─── DATA PROVIDED ───

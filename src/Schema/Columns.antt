-- ===== src/Schema/Columns.antt =====
-- `find_column` and `column_index` of a schema.
use synthgen_core.Prelude.{
  ℕ, zero, suc, ◌+◌, Text, text_eq, text_eq_iff, false, ◌≡◌, ◌≢◌, refl, ◌⊎◌, inl, inr, none, some,
  List, [], ◌∷◌, arith, All, get_elem?, take, Bool-cases,
}
use synthgen_core.Prelude.Int.{ℤ, pos, negsuc}
use synthgen_core.Common.Types.{ColumnDef}
use synthgen_core.Schema.{Schema, find_in, find_column, index_from, column_index}

module _ {F : Type 0} where
  abbrev pub NotNamed : Text → ColumnDef F → Type 0
  NotNamed name c = c.name ≢ name

  -- The column `c` at place `k` is the first with this name.
  abbrev pub IsFirst : Text → List (ColumnDef F) → ℕ → ColumnDef F → Type 0
  IsFirst name cs k c =
      (get_elem? cs k ≡ some c) × (c.name ≡ name) × All (NotNamed name) (take k cs)

  -- What both searches find in a list whose first place has the index `i`.
  abbrev Found : ℕ → Text → List (ColumnDef F) → Type 0
  Found i name cs =
      ((find_in name cs ≡ none) × (index_from i name cs ≡ negsuc 0) × All (NotNamed name) cs)
      ⊎ ((k : ℕ) × (c : ColumnDef F) × (find_in name cs ≡ some c)
          × (index_from i name cs ≡ pos (i + k))
          × IsFirst name cs k c)

  Found-all : (i : ℕ) (name : Text) (cs : List (ColumnDef F)) → Found i name cs
  unfolding find_in index_from
  Found-all i name [] = inl (refl, refl, tt)
  Found-all i name (c ∷ cs) = elim (Bool-cases (text_eq c.name name)) [
    | inl e ↦ inr (zero, c, rw e, rw e (here i), (refl, (text_eq_iff c.name name).0 e, tt))
    | inr e ↦ elim (Found-all (suc i) name cs) [
      | inl (f, g, all) ↦ inl (rw e f, rw e g, (differs e, all))
      | inr (k, d, f, g, (at, named, before)) ↦
          inr (suc k, d, rw e f, rw e (rw g (later i k)), (at, named, (differs e, before)))
    ]
  ]
    where
      here : (i : ℕ) → ◌≡◌ {A = ℤ} (pos i) (pos (i + 0))
      here i = ground arith

      later : (i k : ℕ) → ◌≡◌ {A = ℤ} (pos (suc i + k)) (pos (i + suc k))
      later i k = ground arith

      differs : text_eq c.name name ≡ false → c.name ≢ name
      differs e = ground (arith, text_eq_iff c.name name)

  -- Either no column has the name, `find_column` finds nothing and `column_index` is -1; or both
  -- find the first column of that name, `column_index` at its place.
  pub find_column-column_index :
      (s : Schema F) (name : Text)
      → ((find_column s name ≡ none)
          × (column_index s name ≡ negsuc 0)
          × All (NotNamed name) s.columns)
        ⊎ ((k : ℕ) × (c : ColumnDef F) × (find_column s name ≡ some c)
            × (column_index s name ≡ pos (0 + k))
            × IsFirst name s.columns k c)
  unfolding find_column column_index
  find_column-column_index s name = Found-all 0 name s.columns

───

WHAT YOU WILL DO | From the data above, copy each line with the string "IsFirst" in it.

WORKED SOLUTION |
  abbrev pub IsFirst : Text → List (ColumnDef F) → ℕ → ColumnDef F → Type 0
  IsFirst name cs k c =
          × IsFirst name cs k c)
            × IsFirst name s.columns k c)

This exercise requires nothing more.